I just ordered it. Thank you!


----------



## Muddypaws (Apr 20, 2009)

fostermom said:


> I just ordered it. Thank you!


I just ordered it too, thank you from the reviews and your post I hope this is the answer!! :crossfing:crossfing


----------



## fostermom (Sep 6, 2007)

Muddypaws said:


> I just ordered it too, thank you from the reviews and your post I hope this is the answer!! :crossfing:crossfing


Let's try to compare notes in a couple of months to see how it worked for both of them!


----------



## Muddypaws (Apr 20, 2009)

fostermom said:


> Let's try to compare notes in a couple of months to see how it worked for both of them!


Sounds like a plan!! Just hope Darby and Danny don't decide to "share" too!! 

BTW - Darby's in class recall was to good - he didn't stop until he was "on top of me". Everyone thought it was histarical.... they should have a 94 dog barrel into them and sit on top of them... drooling with a big ole goofy grin!!


----------



## fostermom (Sep 6, 2007)

Muddypaws said:


> Sounds like a plan!! Just hope Darby and Danny don't decide to "share" too!!
> 
> BTW - Darby's in class recall was to good - he didn't stop until he was "on top of me". Everyone thought it was histarical.... they should have a 94 dog barrel into them and sit on top of them... drooling with a big ole goofy grin!!


Been there, done that except for the fact that Danny only weighs 78lbs, thank goodness!


----------



## Howler (Feb 4, 2021)

I am bringing in specialist help to install impulse control in Murphy because we had a horrible bank holiday weekend where he ruined the picnics of three different groups of strangers.

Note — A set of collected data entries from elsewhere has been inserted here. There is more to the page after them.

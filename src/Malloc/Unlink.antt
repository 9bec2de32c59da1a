-- ===== src/Malloc/Unlink.antt =====
-- remove_from_free_list takes a block out of the list of free blocks, wherever it stands.
use cmpsc_473_operating_syst.Common.{
  ℕ, ◌<◌, ◌^◌, ◌≡◌, refl, sym, ◌∙◌, ◌⊎◌, inl, inr, arith, false, List, [], ◌∷◌, ◌++◌, ◌==◌,
  snoc_cases, if◌then◌else◌,
}
use mathlib.Core.Path.{subst}
use mathlib.Core.List.{append_assoc}
use cmpsc_473_operating_syst.Malloc.{Mm, load, put, next_node, prev_node, remove_from_free_list}
use cmpsc_473_operating_syst.Malloc.FreeList.{
  Linked, Apart, AllApart, Placed, load-put, load-put_ne, put-Linked, put-Linked_head, head_or_null,
  neighbours, load-neighbours,
}

AllApart-mid :
    (x : ℕ) (xs : List ℕ) (q b : ℕ) (ys : List ℕ)
    → AllApart x (xs ++ q ∷ b ∷ ys)
    → Apart x q × AllApart x ys
AllApart-mid x [] q b ys (a, (a', rest)) = (a, rest)
AllApart-mid x (z ∷ xs) q b ys (a, rest) = AllApart-mid x xs q b ys rest

AllApart-head :
    (x : ℕ) (ys : List ℕ) → AllApart x ys → (head_or_null ys ≡ 0) ⊎ Apart x (head_or_null ys)
AllApart-head x [] h = inl refl
AllApart-head x (y ∷ ys) (a, h) = inr a

-- The two neighbours of a block, at the front of a list.
neighbours-Linked_front :
    (s : Mm) (prev p q b : ℕ) (ys : List ℕ)
    → Linked s prev p (q ∷ b ∷ ys)
    → Placed (q ∷ b ∷ ys)
    → Linked (neighbours q (head_or_null ys) s) prev p (q ∷ ys)
neighbours-Linked_front s prev p q b [] (at, there, back, rest) placed = (
  at,
  there,
  load-neighbours s q 0 (prev_node q) (inr (omega arith)) (inl refl) ∙ back,
  load-put s (next_node q) 0 (omega arith),
)
neighbours-Linked_front s prev p q b (y ∷ ys)
      (at, there, back, (at2, there2, back2, (at3, there3, back3, rest3)))
      (
        within,
        (apart_b, (apart_y, apart)),
        (within_b, (apart_by, apart_bys), (within_y, apart_ys, placed)),
      ) =
    let s1 = put s (next_node q) y in
    let some_y : (y == 0) ≡ false = ground arith in
    let joined : neighbours q y s ≡ put s1 (prev_node y) q = rw some_y refl in
    let (at4, there4, back4, rest4) = put-Linked_head s1 q b y y ys (omega arith) apart_ys (
      put-Linked s q (next_node q) y b y (y ∷ ys) (inl refl) (apart_y, apart)
        (refl, there3, back3, rest3)) in
    subst (λ t. Linked t prev p (q ∷ y ∷ ys)) (sym joined)
      (
        at,
        there,
        load-put_ne s1 (prev_node y) q (prev_node q) (ground arith)
            ∙ load-put_ne s (next_node q) y (prev_node q) (inr (omega arith))
            ∙ back,
        (
          load-put_ne s1 (prev_node y) q (next_node q) (ground arith)
              ∙ load-put s (next_node q) y (omega arith),
          there4,
          back4,
          rest4,
        ),
      )

-- The two neighbours of a block anywhere in a list.
neighbours-Linked :
    (s : Mm) (prev p : ℕ) (xs : List ℕ) (q b : ℕ) (ys : List ℕ)
    → Linked s prev p (xs ++ q ∷ b ∷ ys)
    → Placed (xs ++ q ∷ b ∷ ys)
    → Linked (neighbours q (head_or_null ys) s) prev p (xs ++ q ∷ ys)
neighbours-Linked s prev p [] q b ys h placed = neighbours-Linked_front s prev p q b ys h placed
neighbours-Linked s prev p (x ∷ xs) q b ys (at, there, back, rest) (within, apart, placed) =
    let n = head_or_null ys in
    let (apart_q, apart_ys) = AllApart-mid x xs q b ys apart in
    let apart_n = AllApart-head x ys apart_ys in
    (
      at,
      there,
      load-neighbours s q n (prev_node x) (ground arith) (ground arith) ∙ back,
      rw (load-neighbours s q n (next_node x) (ground arith) (ground arith))
          (neighbours-Linked s x (load s (next_node x)) xs q b ys rest placed),
    )

pub Linked-head : (s : Mm) (prev p : ℕ) (ys : List ℕ) → Linked s prev p ys → p ≡ head_or_null ys
Linked-head s prev p [] h = h
Linked-head s prev p (y ∷ ys) h = h.0

-- What the links of a block in a list say.
pub Linked-mid :
    (s : Mm) (prev p : ℕ) (xs : List ℕ) (q b : ℕ) (ys : List ℕ)
    → Linked s prev p (xs ++ q ∷ b ∷ ys)
    → Placed (xs ++ q ∷ b ∷ ys)
    → (load s (prev_node b) ≡ q)
      × (load s (next_node b) ≡ head_or_null ys)
      × (0 < q)
      × (head_or_null ys < 2 ^ 64)
      × Apart q b
      × ((head_or_null ys ≡ 0) ⊎ Apart b (head_or_null ys))
Linked-mid s prev p [] q b ys (at, there, back, (at2, there2, back2, rest2))
      (within, (apart, apart'), (within_b, apart_b, placed)) =
    (
      back2,
      Linked-head s b (load s (next_node b)) ys rest2,
      there,
      small ys placed,
      apart,
      AllApart-head b ys apart_b,
    )
  where
    small : (zs : List ℕ) → Placed zs → head_or_null zs < 2 ^ 64
    small [] h = omega arith
    small (z ∷ zs) (w, a, h) = omega arith
Linked-mid s prev p (x ∷ xs) q b ys (at, there, back, rest) (within, apart, placed) =
    Linked-mid s x (load s (next_node x)) xs q b ys rest placed

pub remove-neighbours :
    (s : Mm) (q b n : ℕ)
    → load s (prev_node b) ≡ q
    → load s (next_node b) ≡ n
    → 0 < q
    → Apart q b
    → remove_from_free_list b s ≡ neighbours q n s
unfolding remove_from_free_list
remove-neighbours s q b n back next there apart =
    let some_q : (q == 0) ≡ false = ground arith in
    let next' : load (put s (next_node q) n) (next_node b) ≡ n =
      load-put_ne s (next_node q) n (next_node b) (ground arith) ∙ next in
    let back' : load (put s (next_node q) n) (prev_node b) ≡ q =
      load-put_ne s (next_node q) n (prev_node b) (ground arith) ∙ back in
    simp (back, next, some_q, next', back')

-- The first block out.
abbrev pub headed : ℕ → Mm → Mm
headed n s =
    let s' = record s { free_block_pointer = n } in if n == 0 then s' else put s' (prev_node n) 0

pub remove-headed :
    (s : Mm) (b n : ℕ)
    → load s (prev_node b) ≡ 0
    → load s (next_node b) ≡ n
    → remove_from_free_list b s ≡ headed n s
unfolding remove_from_free_list
remove-headed s b n back next = simp (back, next)

headed-Linked :
    (s : Mm) (b : ℕ) (ys : List ℕ)
    → Placed ys
    → Linked s b (head_or_null ys) ys
    → let s' = headed (head_or_null ys) s in Linked s' 0 s'.free_block_pointer ys
headed-Linked s b [] placed h = refl
headed-Linked s b (y ∷ ys) (within, apart, placed) h =
    let some_y : (y == 0) ≡ false = ground arith in
    let s' = record s { free_block_pointer = y } in
    let joined : headed y s ≡ put s' (prev_node y) 0 = rw some_y refl in
    subst (λ t. Linked t 0 t.free_block_pointer (y ∷ ys)) (sym joined)
      (put-Linked_head s' 0 b y y ys (omega arith) apart h)

remove_first :
    (s : Mm) (b : ℕ) (ys : List ℕ)
    → Linked s 0 s.free_block_pointer (b ∷ ys)
    → Placed (b ∷ ys)
    → let s' = remove_from_free_list b s in Linked s' 0 s'.free_block_pointer ys
remove_first s b ys (at, there, back, rest) (within, apart, placed) =
    let n : load s (next_node b) ≡ head_or_null ys = Linked-head s b _ ys rest in
    subst (λ t. Linked t 0 t.free_block_pointer ys)
      (sym (remove-headed s b (head_or_null ys) back n))
      (headed-Linked s b ys placed (rw (← n) rest))

remove_later :
    (s : Mm) (xs : List ℕ) (q b : ℕ) (ys : List ℕ)
    → Linked s 0 s.free_block_pointer (xs ++ q ∷ b ∷ ys)
    → Placed (xs ++ q ∷ b ∷ ys)
    → let s' = remove_from_free_list b s in Linked s' 0 s'.free_block_pointer (xs ++ q ∷ ys)
remove_later s xs q b ys h placed =
    let n = head_or_null ys in
    let (back, next, there, small, apart, apart_n) =
      Linked-mid s 0 s.free_block_pointer xs q b ys h placed in
    let kept : (neighbours q n s).free_block_pointer ≡ s.free_block_pointer = ground arith in
    subst (λ t. Linked t 0 t.free_block_pointer (xs ++ q ∷ ys))
      (sym (remove-neighbours s q b n back next there apart))
      (subst (λ f. Linked (neighbours q n s) 0 f (xs ++ q ∷ ys)) (sym kept)
        (neighbours-Linked s 0 s.free_block_pointer xs q b ys h placed))

-- That a block goes out of the list between `xs` and `ys`.
abbrev Goes : Mm → ℕ → List ℕ → List ℕ → Type 0
Goes s b ys xs =
    Linked s 0 s.free_block_pointer (xs ++ b ∷ ys)
    → Placed (xs ++ b ∷ ys)
    → let s' = remove_from_free_list b s in Linked s' 0 s'.free_block_pointer (xs ++ ys)

snoc-Goes : (s : Mm) (b : ℕ) (ys zs : List ℕ) (q : ℕ) → Goes s b ys (zs ++ q ∷ [])
snoc-Goes s b ys zs q h placed =
    let t = remove_from_free_list b s in
    let around = append_assoc zs (q ∷ []) (b ∷ ys) in
    subst (Linked t 0 t.free_block_pointer) (sym (append_assoc zs (q ∷ []) ys)) (
      remove_later s zs q b ys (subst (Linked s 0 s.free_block_pointer) around h)
        (subst Placed around placed))

-- In a list of blocks that do not overlap, at addresses of 64 bits, wherever the block stands, first,
-- last or between: `remove_from_free_list` leaves the doubly linked list of the others, in their
-- order.
pub remove_from_free_list-Linked :
    (s : Mm) (xs : List ℕ) (b : ℕ) (ys : List ℕ)
    → Linked s 0 s.free_block_pointer (xs ++ b ∷ ys)
    → Placed (xs ++ b ∷ ys)
    → let s' = remove_from_free_list b s in Linked s' 0 s'.free_block_pointer (xs ++ ys)
remove_from_free_list-Linked s xs b ys h placed = elim (snoc_cases xs) [
  | inl e ↦ subst (Goes s b ys) (sym e) (remove_first s b ys) h placed
  | inr (zs, q, e) ↦ subst (Goes s b ys) (sym e) (snoc-Goes s b ys zs q) h placed
]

For the full picture my young niece was trying to play fetch, but she couldn't throw the ball far enough to interest Murphy, so then my niece was chasing him instead. My recall didn't work and ... cut a story short ... Murphy had a bowl of olives.

Anyway, this next trainer is KCAI and CD and claims to be the UK's specialist. Hopefully he is better than the last one.

Edit: That guy only accepts dogs that pass his pricey assessments, and presumably they only pass if they don't need help. I'll try another..


----------